Limitations & Future Work

  • Using only 10 development documents is risky due to sample selection bias; the dominant error patterns found may not represent those of the entire dataset.
  • Stopping conditions depend on IAA/F1 changes on a small sample, which is statistically unstable and may lead to premature stopping or the retention of accidentally effective rules.
  • Moderation only handles the most frequent discrepancy group per round, potentially ignoring multiple medium-frequency but important error types.
  • This study focuses on span+type for biomedical NER; it is unclear if relation extraction, event extraction, or multi-label subjective annotation would benefit similarly.

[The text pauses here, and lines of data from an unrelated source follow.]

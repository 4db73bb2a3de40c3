-- ===== src/Sample/Core.antt =====
-- qa/runtime_sample_core.py: one sample, a file of samples, and the order of alerts.
pub mod Laws
use exasphere.Base.{
  ℕ, Bool, true, false, ◌&&◌, ◌||◌, not, Option, none, some, List, [], ◌∷◌, ◌+◌, String, str_eq,
  leb, ltb, ◌==◌, if◌then◌else◌, Error, ErrorKind, policy_abi_error, runtime_sample_error, Result,
  ok, err, raise, guard, drop_value, for_each, ◌>>=◌, ◌>>◌, ◌<>◌, length, all, any,
}
use exasphere.Text.{codes, in_table, casefold, contains, is_hex, starts_with}
use exasphere.Text.Digits.{show}
use exasphere.Json.{
  ℤ, pos, negsuc, JsonValue, null, bool, int, str, arr, obj, Items, nil, cons, JsonObject, end,
  field, get, has_key, as_int, is_negative,
}
use exasphere.World.{World, FilePath, path_of, parts}
use exasphere.Sample.Tokens.{same_text}
use exasphere.Sample.Digest.{is_digest_summary}
use exasphere.Sample.Fields.{root_fields}
use exasphere.Sample.PolicyAbi.{validate_policy_abi_contract}
use exasphere.Sample.SchedExt.{
  validate_cgroup_semantic_labels, validate_sched_ext_facts, validate_sched_ext_phase,
  validate_task_ext_enabled, validate_teardown_rollback,
}
use exasphere.Sample.SchedExt.Sequence.{validate_sched_ext_sequence}
use exasphere.Sample.Common.{
  Fact, fail, ensure, optional_object, reject_private_leaks, require_bool, require_int,
  require_object, require_string, load_jsonl, validate_fact,
}

abbrev pub sample_schema : String
sample_schema = "zig-scheduler/runtime-sample/v1"

abbrev counters : List String
counters = "nr_rejected" ∷ "dispatch_failed" ∷ "fallback" ∷ "fatal" ∷ []

abbrev dsq_depth_fields : List String
dsq_depth_fields = "global" ∷ "local" ∷ "shared" ∷ []

abbrev latency_fields : List String
latency_fields = "p50_us" ∷ "p95_us" ∷ "p99_us" ∷ "max_us" ∷ []

abbrev scheduler_counter_fields : List String
scheduler_counter_fields = "context_switches" ∷ "wakeups" ∷ "migrations" ∷ []

abbrev fairness_states : List String
fairness_states = "ok" ∷ "watch" ∷ "starved" ∷ "unknown" ∷ []

abbrev unavailable_statuses : List String
unavailable_statuses = "missing" ∷ "unreadable" ∷ "unknown" ∷ []

abbrev unavailable_values : List String
unavailable_values = "" ∷ "missing" ∷ "none" ∷ "null" ∷ "unavailable" ∷ "unknown" ∷ []

-- `require_int(data, field, context) < 0` raises.
unfoldable pub nonnegative : JsonObject → String → String → Result (Unit {0})
nonnegative data_ name context = do
  n ← require_int data_ name context
  ensure (not (is_negative n)) (context <> "." <> name <> " must be nonnegative")

unfoldable pub validate_nonnegative_fields : JsonObject → List String → String → Result (Unit {0})
validate_nonnegative_fields data_ fields context =
    for_each fields λ name. nonnegative data_ name context

-- `isinstance(value, str) and value.casefold() in UNAVAILABLE_VALUES`
folded_among : List ℕ → List String → Bool
folded_among s [] = false
folded_among s (t ∷ ts) = same_text s (codes t) || folded_among s ts

status_unavailable : JsonValue → Bool
status_unavailable (str s) = in_table s unavailable_statuses
status_unavailable _ = false

value_unavailable : JsonValue → Bool
unfolding folded_among
value_unavailable (str s) = folded_among (casefold (codes s)) unavailable_values
value_unavailable _ = false

unfoldable pub is_unavailable_object : JsonObject → Bool
unfolding status_unavailable value_unavailable
is_unavailable_object data_ =
    status_unavailable (get data_ "status") && value_unavailable (get data_ "value")

unfoldable pub validate_metric_object : JsonObject → List String → String → Result (Unit {0})
validate_metric_object data_ fields context =
    if is_unavailable_object data_ then ok tt else validate_nonnegative_fields data_ fields context

-- The fields of "sample_loss" that may be left out.
loss_fields : JsonObject → String → Result (Unit {0})
loss_fields loss context = do
  validate_nonnegative_fields loss ("lost_samples" ∷ "backpressure_dropped" ∷ [])
      (context <> ".sample_loss")
  for_each ("ring_buffer_overruns" ∷ "reader_lag_events" ∷ [])
      λ name. if has_key loss name then nonnegative loss name (context <> ".sample_loss") else ok tt

-- `if x is not None: check(x)`
abbrev when_present : Option JsonObject → (JsonObject → Result (Unit {0})) → Result (Unit {0})
when_present none check = ok tt
when_present (some data_) check = check data_

unfoldable pub validate_optional_counter_sets : JsonObject → String → Result (Unit {0})
unfolding loss_fields
validate_optional_counter_sets row context = do
  found ← optional_object row "policy_counters" context
  when_present found λ data_. validate_metric_object data_ counters (context <> ".policy_counters")
  loss ← optional_object row "sample_loss" context
  when_present loss
      λ data_. if is_unavailable_object data_ then ok tt else loss_fields data_ context

-- `not isinstance(value, int) or value < 0`
abbrev is_count : Option ℤ → Bool
is_count none = false
is_count (some n) = not (is_negative n)

counter_entries : JsonObject → String → Result (Unit {0})
counter_entries end context = ok tt
counter_entries (field key value rest) context = do
  ensure (not (starts_with key "/" || contains (codes "..") (codes key) || str_eq key ""))
      (context <> "." <> key <> " is not a stable redacted key")
  reject_private_leaks (str key) (context <> "." <> key)
  ensure (is_count (as_int value)) (context <> "." <> key <> " must be a nonnegative integer")
  counter_entries rest context

abbrev is_end : JsonObject → Bool
is_end end = true
is_end (field k v fs) = false

unfoldable pub validate_counter_map : JsonObject → String → Result (Unit {0})
unfolding counter_entries
validate_counter_map data_ context = do
  ensure (not (is_end data_)) (context <> " must not be empty")
  counter_entries data_ context

-- `len(value) != 64 or value == SHA256_ZERO or any(char not in hex)`
unfoldable pub is_sha256_digest : String → Bool
is_sha256_digest value =
    length (codes value) == 64
    && not (all (λ c. c == b'0') (codes value))
    && all is_hex (codes value)

unfoldable pub validate_digest : String → String → Result (Unit {0})
unfolding is_sha256_digest
validate_digest value context =
    ensure (is_sha256_digest value) (context <> " must be a lowercase nonzero sha256 digest")

benchmark_ref : JsonObject → String → Result (Unit {0})
benchmark_ref item context = do
  path ← require_string item "record_path" context
  ensure (not (starts_with path "/" || in_table ".." (parts (path_of path))))
      (context <> ".record_path must be repo-relative")
  sha ← require_string item "record_sha256" context
  validate_digest sha (context <> ".record_sha256")
  drop_value (require_string item "histogram_id" context)
  record_only ← require_bool item "record_only" context
  ensure record_only (context <> ".record_only must be true")

benchmark_item : JsonValue → String → Result (Unit {0})
unfolding benchmark_ref
benchmark_item (obj item) context = benchmark_ref item context
benchmark_item _ context = fail (context <> " must be an object")

benchmark_items : ℕ → Items → String → Result (Unit {0})
unfolding benchmark_item
benchmark_items index nil context = ok tt
benchmark_items index (cons item rest) context = do
  benchmark_item item (context <> ".benchmark_histograms[" <> show index <> "]")
  benchmark_items (index + 1) rest context

benchmark_value : JsonValue → String → Result (Unit {0})
unfolding benchmark_items
benchmark_value null context = ok tt
benchmark_value (arr refs) context = benchmark_items 0 refs context
benchmark_value _ context = fail (context <> ".benchmark_histograms must be a list")

unfoldable pub validate_benchmark_refs : JsonObject → String → Result (Unit {0})
unfolding benchmark_value
validate_benchmark_refs row context = benchmark_value (get row "benchmark_histograms") context

unfoldable pub validate_root_fields : JsonObject → String → Result (Unit {0})
validate_root_fields end context = ok tt
validate_root_fields (field name v rest) context = do
  ensure (in_table name root_fields) (context <> " has unsupported runtime sample field: " <> name)
  validate_root_fields rest context

fairness_object : JsonObject → String → Result (Unit {0})
fairness_object fairness context = if is_unavailable_object fairness then ok tt else do
  state ← require_string fairness "state" (context <> ".fairness")
  ensure (in_table state fairness_states) (context <> ".fairness.state has unsupported value")
  validate_nonnegative_fields fairness ("starved_tasks" ∷ "max_wait_us" ∷ [])
      (context <> ".fairness")

task_counts_object : JsonObject → String → Result (Unit {0})
task_counts_object task_counts context = do
  by_cgroup ← require_object task_counts "by_cgroup_digest" (context <> ".task_counts")
  validate_counter_map by_cgroup (context <> ".task_counts.by_cgroup_digest")
  by_class ← require_object task_counts "by_class" (context <> ".task_counts")
  validate_counter_map by_class (context <> ".task_counts.by_class")

observation_object : JsonObject → String → Result (Unit {0})
observation_object sched_ext context = do
  dump ← validate_fact sched_ext "dump" (context <> ".sched_ext_observation")
  ensure (not (str_eq dump.status "present" && not (is_digest_summary dump.value)))
      (context <> ".sched_ext_observation.dump must be a redacted digest summary")
  tracepoints ← require_object sched_ext "tracepoints" (context <> ".sched_ext_observation")
  validate_counter_map tracepoints (context <> ".sched_ext_observation.tracepoints")

unfoldable pub validate_scheduler_telemetry : JsonObject → String → Result (Unit {0})
unfolding fairness_object task_counts_object observation_object
validate_scheduler_telemetry row context = do
  for_each
      (("dsq_depth", dsq_depth_fields)
        ∷ ("queue_latency", latency_fields)
        ∷ ("scheduler_counters", scheduler_counter_fields)
        ∷ [])
      λ (name, fields). do
        found ← optional_object row name context
        when_present found λ data_. validate_metric_object data_ fields (context <> "." <> name)
  fairness ← optional_object row "fairness" context
  when_present fairness λ data_. fairness_object data_ context
  task_counts ← optional_object row "task_counts" context
  when_present task_counts λ data_. task_counts_object data_ context
  sched_ext ← optional_object row "sched_ext_observation" context
  when_present sched_ext λ data_. observation_object data_ context
  validate_benchmark_refs row context

-- `except PolicyAbiError as exc: raise RuntimeSampleError(str(exc))`
abbrev converted : ErrorKind → String → Error
converted policy_abi_error message = record { kind = runtime_sample_error; message = message }
converted k message = record { kind = k; message = message }

convert_policy_abi_error : Result (Unit {0}) → Result (Unit {0})
convert_policy_abi_error (ok tt) = ok tt
convert_policy_abi_error (err e) = err (converted e.kind e.message)

unfoldable pub validate_policy_abi : JsonObject → String → Result (Unit {0})
unfolding convert_policy_abi_error
validate_policy_abi row context = do
  abi ← require_object row "policy_abi" context
  convert_policy_abi_error (validate_policy_abi_contract abi (context <> ".policy_abi"))
  reject_private_leaks (obj abi) (context <> ".policy_abi")

-- The facts that a sample may leave out.
unfoldable pub status_facts : JsonObject → String → Result (Unit {0})
status_facts row context =
    for_each ("cgroup_membership_status" ∷ "workload" ∷ [])
      λ name. if has_key row name then drop_value (validate_fact row name context) else ok tt

unfoldable pub validate_sample : JsonObject → ℕ → Result (Unit {0})
validate_sample row index = do
  let context = "sample[" <> show index <> "]"
  reject_private_leaks (obj row) context
  validate_root_fields row context
  schema ← require_string row "schema" context
  ensure (str_eq schema sample_schema) (context <> " has unsupported schema")
  drop_value (require_int row "sequence" context)
  validate_sched_ext_facts row context
  validate_sched_ext_phase row context
  drop_value (require_string row "events_hash" context)
  digest ← require_string row "cgroup_membership_digest" context
  validate_digest digest (context <> ".cgroup_membership_digest")
  status_facts row context
  drop_value (require_bool row "workload_alive" context)
  sampled ← require_bool row "private_command_lines_sampled" context
  ensure (not sampled) (context <> " sampled private command lines")
  validate_optional_counter_sets row context
  validate_task_ext_enabled row context
  validate_cgroup_semantic_labels row context
  validate_teardown_rollback row context
  validate_scheduler_telemetry row context
  validate_policy_abi row context

unfoldable pub validate_samples : ℕ → List JsonObject → Result (Unit {0})
validate_samples index [] = ok tt
validate_samples index (row ∷ rows) = do
  validate_sample row index
  validate_samples (index + 1) rows

unfoldable pub validate_file : World → FilePath → Result (Unit {0})
validate_file w path = do
  rows ← load_jsonl w path
  validate_samples 0 rows
  validate_sched_ext_sequence rows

  • Future work could involve human experts auditing LLM-generated guideline edits to create semi-automated moderation rather than fully automatic acceptance.

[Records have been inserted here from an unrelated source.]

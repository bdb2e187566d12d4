-- ===== src/Wire/Scanning.antt =====
-- The scanner on a buffer.
use ephemerkey.Common.{
  ℕ, zero, suc, ◌+◌, ◌-◌, ◌/◌, ◌≡◌, ◌≤◌, ◌<◌, refl, sym, ap, ◌∙◌, List, [], ◌∷◌, ◌++◌, length, take,
  drop, get_or, arith, some, Run, ◌>>=◌, u8, u16, true, false, length-append, take-append,
  drop-append, get_or-append, length-drop, ltb, Bool, if◌then◌else◌,
}
use mathlib.Core.List.{append_assoc}
use ephemerkey.Wire.{
  WireFrame, with_frame, from_le_bytes, le_bytes, covered, crc16, encode, hunt, scan, feed, push,
  max_payload, version,
}

hunt-le : (buf : List ℕ) → length (hunt buf) ≤ length buf
unfolding hunt
hunt-le [] = omega arith
hunt-le (a ∷ []) = omega arith
hunt-le (a ∷ b ∷ bs) = ground (arith, hunt-le (b ∷ bs))

abbrev Returned : Run (List ℕ × List WireFrame) → Type 0
Returned m = (r : List ℕ × List WireFrame) × (m ≡ some r)

-- The branches of a round.
branches_Returned :
    (a b c d : Bool) (x : List ℕ × List WireFrame) (f : WireFrame)
    (past after : Run (List ℕ × List WireFrame))
    → (a ≡ false → Returned past)
    → (a ≡ false → Returned after)
    → Returned (
        if a
        then some x
        else if b
        then past
        else if c
        then some x
        else if d
        then (after >>= λ r. some (with_frame f r))
        else past)
branches_Returned true b c d x f past after p q = (x, refl)
branches_Returned false true c d x f past after p q = p refl
branches_Returned false false true d x f past after p q = (x, refl)
branches_Returned false false false true x f past after p q =
    let (r, e) = q refl in (with_frame f r, rw e refl)
branches_Returned false false false false x f past after p q = p refl

-- A scan returns with one round of fuel more than the buffer has bytes.
pub scan_returns :
    (fuel : ℕ) (buf : List ℕ)
    → length buf < fuel
    → (r : List ℕ × List WireFrame) × (scan fuel buf ≡ some r)
unfolding scan
scan_returns zero buf h = absurd (omega arith)
scan_returns (suc fuel) buf0 h =
    let buf = hunt buf0 in
    let total = 2 + 4 + from_le_bytes (get_or buf 4 0) (get_or buf 5 0) + 2 in
    let le = hunt-le buf0 in
    branches_Returned (ltb (length buf) 8) _ (ltb (length buf) total) _ (buf, []) _ _ _
      (λ long.
        scan_returns fuel (drop 2 buf)
          (let e = length-drop 2 buf in let l : 8 ≤ length buf = ground arith in omega arith))
      (λ long.
        scan_returns fuel (drop total buf)
          (let e = length-drop total buf in let l : 8 ≤ length buf = ground arith in omega arith))

-- A buffer whose front is the frame of a payload that the parser holds.
framed : ℕ → List ℕ → List ℕ → List ℕ
framed t p rest =
    let crc = crc16 (covered t p) in
    b'E'
    ∷ b'K'
    ∷ version
    ∷ t
    ∷ u8 (length p)
    ∷ u16 (length p) / 256
    ∷ (p ++ (u8 crc ∷ crc / 256 ∷ rest))

module _ (t : ℕ) (p rest : List ℕ) where
  framed-hunt : hunt (framed t p rest) ≡ framed t p rest
  unfolding framed hunt
  framed-hunt = refl

  framed-take : drop 2 (take (6 + length p) (framed t p rest)) ≡ covered t p
  unfolding framed
  framed-take =
      let k : 6 + length p ≡ suc (suc (suc (suc (suc (suc (length p)))))) = omega arith in
      rw (k, take-append p) refl

  framed-payload : drop 6 (take (6 + length p) (framed t p rest)) ≡ p
  unfolding framed
  framed-payload =
      let k : 6 + length p ≡ suc (suc (suc (suc (suc (suc (length p)))))) = omega arith in
      rw (k, take-append p) refl

  framed-drop : drop (2 + 4 + length p + 2) (framed t p rest) ≡ rest
  unfolding framed
  framed-drop =
      let k : 2 + 4 + length p + 2 ≡ suc (suc (suc (suc (suc (suc (length p + 2)))))) =
        omega arith in
      rw (k, drop-append p) refl

  framed-crc0 : get_or (framed t p rest) (2 + 4 + length p + 2 - 2) 0 ≡ u8 (crc16 (covered t p))
  unfolding framed
  framed-crc0 =
      let k : 2 + 4 + length p + 2 - 2 ≡ suc (suc (suc (suc (suc (suc (length p + 0)))))) =
        omega arith in
      rw (k, get_or-append p) refl

  framed-crc1 : get_or (framed t p rest) (2 + 4 + length p + 2 - 1) 0 ≡ crc16 (covered t p) / 256
  unfolding framed
  framed-crc1 =
      let k : 2 + 4 + length p + 2 - 1 ≡ suc (suc (suc (suc (suc (suc (length p + 1)))))) =
        omega arith in
      rw (k, get_or-append p) refl

  framed-length : 8 + length p ≤ length (framed t p rest)
  unfolding framed
  framed-length =
      let crc = crc16 (covered t p) in omega (arith, length-append p (u8 crc ∷ crc / 256 ∷ rest))

  framed-plen :
      length p ≤ max_payload
      → from_le_bytes (get_or (framed t p rest) 4 0) (get_or (framed t p rest) 5 0) ≡ length p
  unfolding framed
  framed-plen h = omega arith

  framed-version : get_or (framed t p rest) 2 0 ≡ version
  unfolding framed
  framed-version = refl

  framed-type : get_or (framed t p rest) 3 0 ≡ t
  unfolding framed
  framed-type = refl

  scan-framed :
      (fuel : ℕ)
      → length p ≤ max_payload
      → scan (suc fuel) (framed t p rest) ≡ (scan fuel rest >>= λ r. some (with_frame (t, p) r))
  unfolding scan
  scan-framed fuel h =
      let same : from_le_bytes (u8 (crc16 (covered t p))) (crc16 (covered t p) / 256)
          ≡ crc16 (covered t p) =
        omega arith in
      let long : ltb (length (framed t p rest)) 8 ≡ false = ground (arith, framed-length) in
      let whole : ltb (length (framed t p rest)) (2 + 4 + length p + 2) ≡ false =
        ground (arith, framed-length) in
      let fits : ltb max_payload (length p) ≡ false = ground arith in
      rw
        (
          framed-hunt,
          framed-plen h,
          long,
          fits,
          framed-version,
          whole,
          framed-take,
          framed-crc0,
          framed-crc1,
          framed-drop,
          framed-payload,
          framed-type,
        )
        (ground (arith, same))

abbrev written : ℕ → List ℕ → List ℕ
written t p = b'E' ∷ b'K' ∷ covered t p ++ le_bytes (crc16 (covered t p))

written-framed : (t : ℕ) (p rest : List ℕ) → written t p ++ rest ≡ framed t p rest
unfolding framed
written-framed t p rest =
    let crc = crc16 (covered t p) in
    ap (λ l. b'E' ∷ b'K' ∷ version ∷ t ∷ u8 (length p) ∷ u16 (length p) / 256 ∷ l)
      (append_assoc p (le_bytes crc) rest)

encode-written :
    (room t : ℕ) (p bytes : List ℕ)
    → encode room t p ≡ some bytes
    → (length p ≤ max_payload) × (written t p ≡ bytes)
unfolding encode
encode-written room t p bytes h = ground arith

encode-framed :
    (room t : ℕ) (p bytes rest : List ℕ)
    → encode room t p ≡ some bytes
    → (length p ≤ max_payload) × (bytes ++ rest ≡ framed t p rest)
encode-framed room t p bytes rest h =
    let (fits, e) = encode-written room t p bytes h in
    (fits, ap (λ l. l ++ rest) (sym e) ∙ written-framed t p rest)

-- A frame that `encode` writes is recognised at the front of the buffer, whatever stands behind it:
-- the scan reports its type and its payload once, and goes on with what stands behind it.
pub scan-encode :
    (room fuel t : ℕ) (p bytes rest : List ℕ)
    → encode room t p ≡ some bytes
    → scan (suc fuel) (bytes ++ rest) ≡ (scan fuel rest >>= λ r. some (with_frame (t, p) r))
scan-encode room fuel t p bytes rest h =
    let (fits, e) = encode-framed room t p bytes rest h in rw e (scan-framed t p rest fuel fits)

-- Whatever bytes arrive, the parser returns.
pub feed_returns : (bs buf : List ℕ) → (r : List ℕ × List WireFrame) × (feed buf bs ≡ some r)
unfolding feed
feed_returns [] buf = ((buf, []), refl)
feed_returns (b ∷ bs) buf =
    let ((buf1, fs), scanned) =
      scan_returns (suc (length (push buf b))) (push buf b) (omega arith) in
    let ((buf2, gs), went) = feed_returns bs buf1 in ((buf2, fs ++ gs), rw (scanned, went) refl)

  • vs. Direct LLM Annotation: Prompt-only methods rely on the model's existing knowledge, which often conflicts with gold conventions; guideline prompts make project rules explicit.
  • vs. Few-shot Annotation: Few-shot provides examples but does not necessarily explain the underlying rules; guideline refinement produces readable, reusable rule text.
  • vs. Manual Moderation: Human moderation is more reliable but costly; LLM moderation can serve as an early draft generator to help experts quickly locate rule gaps.
  • Inspiration: For high-requirement data annotation tasks, prioritizing a "LLM-readable and human-auditable" guideline is more sustainable than simple prompt tuning or stacking examples.

Rating

  • Novelty: ⭐⭐⭐⭐☆ Formalizing the migration of annotation moderation to LLM annotation is highly practical; the method is simple, but the problem identification is precise.
  • Experimental Thoroughness: ⭐⭐⭐⭐☆ Covers three biomedical datasets, three model families, and reasoning comparisons; cross-task generalization still requires more validation.
  • Writing Quality: ⭐⭐⭐⭐☆ Clear hypotheses, complete experimental design and error analysis, and thorough discussion of limitations.
  • Value: ⭐⭐⭐⭐⭐ Highly valuable for building auditable and reusable LLM annotation pipelines, especially for expert-domain corpora construction.